**WHAT TO PRODUCE**
Extract, from the listing that follows, each line containing the word "good".

**RECORDS SUPPLIED**
○ ○ ○ ○ ○ ○ ○
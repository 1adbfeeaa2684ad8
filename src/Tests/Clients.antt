-- ===== src/Tests/Clients.antt =====
-- Requests at the token endpoints: how Clients authenticate, and what they are answered.
use one_issuer.Base.{
  ℕ, ◌≡◌, ◌⊎◌, refl, true, false, none, some, List, [], ◌∷◌, length, arith, if◌then◌else◌,
}
use one_issuer.Errors.{ok, err, client_not_found}
use one_issuer.Text.{Bytes, codes, mem, str_eq}
use one_issuer.Text.Base64.{AreBytes}
use one_issuer.Domain.{Client, confidential, client_secret_basic}
use one_issuer.Token.Secret.{hash_refresh_token}
use one_issuer.Url.{Values, query_escape}
use one_issuer.Oidc.Checked.{accepted, rejected}
use one_issuer.Oidc.Basic.{
  max_basic_authorization_bytes, parse_strict_basic, basic_header, bad_value,
}
use one_issuer.Oidc.Basic.RoundTrip.{IsCredential, parse_strict_basic-basic_header}
use one_issuer.Oidc.TokenRequest.{
  Template, Fosite, TokenError, token_error, VerifiedTokenRequest, TokenClientResolver,
  parse_token_request, refresh_token_grant,
}
use one_issuer.Oidc.TokenRequest.Challenge.{IsAnswer, token_request-IsAnswer}
use one_issuer.Oidc.Lifecycle.{VerifiedLifecycleRequest, parse_introspection_request}
use one_issuer.Oidc.Lifecycle.Confidential.{IsIntrospection, parse_introspection_request_outcome}
use one_issuer.Oidc.LogoutRequest.{
  LogoutRequest, parse_logout_request, IsLogoutRequest, parse_logout_request-IsLogoutRequest,
}
use one_issuer.Tests.Samples.{app, digest, token_a}

abbrev backend_name : Bytes
backend_name = codes "back end"

abbrev secret : Bytes
secret = codes "s3:cret%"

name-IsCredential : IsCredential backend_name
unfolding one_issuer.Text.Utf8.valid_utf8 one_issuer.Oidc.Basic.has_ascii_control
name-IsCredential = record { bytes = ground arith; good = refl }

secret-IsCredential : IsCredential secret
unfolding one_issuer.Text.Utf8.valid_utf8 one_issuer.Oidc.Basic.has_ascii_control
secret-IsCredential = record { bytes = ground arith; good = refl }

header_length : length (basic_header backend_name secret) ≡ 34
unfolding basic_header one_issuer.Text.Base64.Padded.std_encode query_escape
    one_issuer.Url.escape_byte one_issuer.Url.hex_digit one_issuer.Url.is_unreserved
header_length = refl

parse_strict_basic-basic_header_example :
    parse_strict_basic (basic_header backend_name secret) ≡ some (backend_name, secret)
parse_strict_basic-basic_header_example =
    parse_strict_basic-basic_header backend_name secret name-IsCredential secret-IsCredential
      (rw header_length (ground arith))

abbrev template : Bytes → ℕ → Template
template name status = record { error_field = name; code_field = status }

abbrev fosite : Fosite
fosite = record {
  invalid_request = template (codes "invalid_request") 400;
  unsupported_grant_type = template (codes "unsupported_grant_type") 400;
  invalid_client = template (codes "invalid_client") 401;
  invalid_grant = template (codes "invalid_grant") 400;
  invalid_scope = template (codes "invalid_scope") 400;
  has = λ names name. mem name names;
}

-- A registry of the public Client app and of one confidential Client.
abbrev backend : Client
backend = record app {
  id = 6;
  client_id = backend_name;
  type = confidential;
  token_endpoint_auth_method = client_secret_basic;
}

abbrev clients : TokenClientResolver
clients = record {
  resolve_active = λ name. if str_eq name app.client_id then ok app else err client_not_found;
  validate_secret = λ name given. if str_eq given secret then ok backend else err client_not_found;
}

abbrev refresh_form : Values
refresh_form =
    (codes "client_id", codes "app" ∷ [])
    ∷ (codes "grant_type", codes "refresh_token" ∷ [])
    ∷ (codes "refresh_token", token_a ∷ [])
    ∷ []

abbrev refresh_request : VerifiedTokenRequest
refresh_request = record {
  grant_type = refresh_token_grant;
  client = app;
  code_hash = [];
  refresh_token_hash = hash_refresh_token digest token_a;
  redirect_uri = [];
  code_verifier = [];
  scopes = none;
}

abbrev bearer : List Bytes
bearer = codes "Bearer abc" ∷ []

bearer_refused :
    parse_token_request fosite digest clients
      ((codes "grant_type", codes "refresh_token" ∷ []) ∷ [])
      bearer
    ≡ rejected (token_error fosite.invalid_client true)
unfolding parse_token_request one_issuer.Oidc.Basic.fold_case
    one_issuer.Oidc.Basic.has_ascii_control one_issuer.Oidc.Basic.is_basic
    one_issuer.Oidc.TokenRequest.authenticate_token_client one_issuer.Oidc.TokenRequest.check_form
    one_issuer.Oidc.TokenRequest.repeats_token_parameter one_issuer.Text.Split.cut
    one_issuer.Text.Split.has_byte one_issuer.Text.Utf8.valid_utf8 one_issuer.Url.entries
    one_issuer.Url.valid_values_utf8 parse_strict_basic str_eq
bearer_refused = refl

token_request-IsAnswer_example : IsAnswer fosite bearer (token_error fosite.invalid_client true)
token_request-IsAnswer_example =
    token_request-IsAnswer fosite digest clients
      ((codes "grant_type", codes "refresh_token" ∷ []) ∷ []) bearer
      (token_error fosite.invalid_client true) bearer_refused

abbrev token_form : Values
token_form = (codes "token", token_a ∷ []) ∷ []

parse_introspection_request_outcome_example :
    ((r : VerifiedLifecycleRequest)
      → parse_introspection_request fosite clients token_form bearer ≡ accepted r
      → IsIntrospection clients token_form bearer r)
    × ((e : TokenError)
        → parse_introspection_request fosite clients token_form bearer ≡ rejected e
        → (e ≡ token_error fosite.invalid_request false)
          ⊎ (e ≡ token_error fosite.invalid_client true))
parse_introspection_request_outcome_example =
    parse_introspection_request_outcome fosite clients token_form bearer

bearer_may_not_introspect :
    parse_introspection_request fosite clients token_form bearer
    ≡ rejected (token_error fosite.invalid_client true)
unfolding parse_introspection_request mem one_issuer.Oidc.Basic.fold_case
    one_issuer.Oidc.Basic.has_ascii_control one_issuer.Oidc.Basic.is_basic
    one_issuer.Oidc.Lifecycle.valid_lifecycle_form
    one_issuer.Oidc.TokenRequest.authenticate_token_client
    one_issuer.Oidc.TokenRequest.only_token_parameters one_issuer.Text.Base64.digit_of
    one_issuer.Text.Base64.encode one_issuer.Text.Split.cut one_issuer.Text.Split.has_byte
    one_issuer.Text.Utf8.valid_utf8 one_issuer.Url.entries one_issuer.Url.valid_values_utf8
    parse_strict_basic str_eq
bearer_may_not_introspect = refl

abbrev logout_form : Values
logout_form =
    (codes "client_id", codes "app" ∷ [])
    ∷ (codes "post_logout_redirect_uri", codes "https://app.example.com/bye" ∷ [])
    ∷ (codes "state", codes "xyz" ∷ [])
    ∷ []

abbrev logout : LogoutRequest
logout = record {
  id_token_hint = [];
  client_id = codes "app";
  logout_hint = [];
  post_logout_redirect_uri = codes "https://app.example.com/bye";
  state = codes "xyz";
  ui_locales = [];
}

logout_parsed : parse_logout_request logout_form ≡ some logout
unfolding parse_logout_request one_issuer.Text.Split.has_byte one_issuer.Text.Utf8.valid_utf8
    one_issuer.Url.entries str_eq
logout_parsed = refl

parse_logout_request-IsLogoutRequest_example : IsLogoutRequest logout
parse_logout_request-IsLogoutRequest_example =
    parse_logout_request-IsLogoutRequest logout_form logout logout_parsed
○ ○ ○ ○ ○ ○ ○
**YOUR RESPONSE**
name-IsCredential = record { bytes = ground arith; good = refl }
secret-IsCredential = record { bytes = ground arith; good = refl }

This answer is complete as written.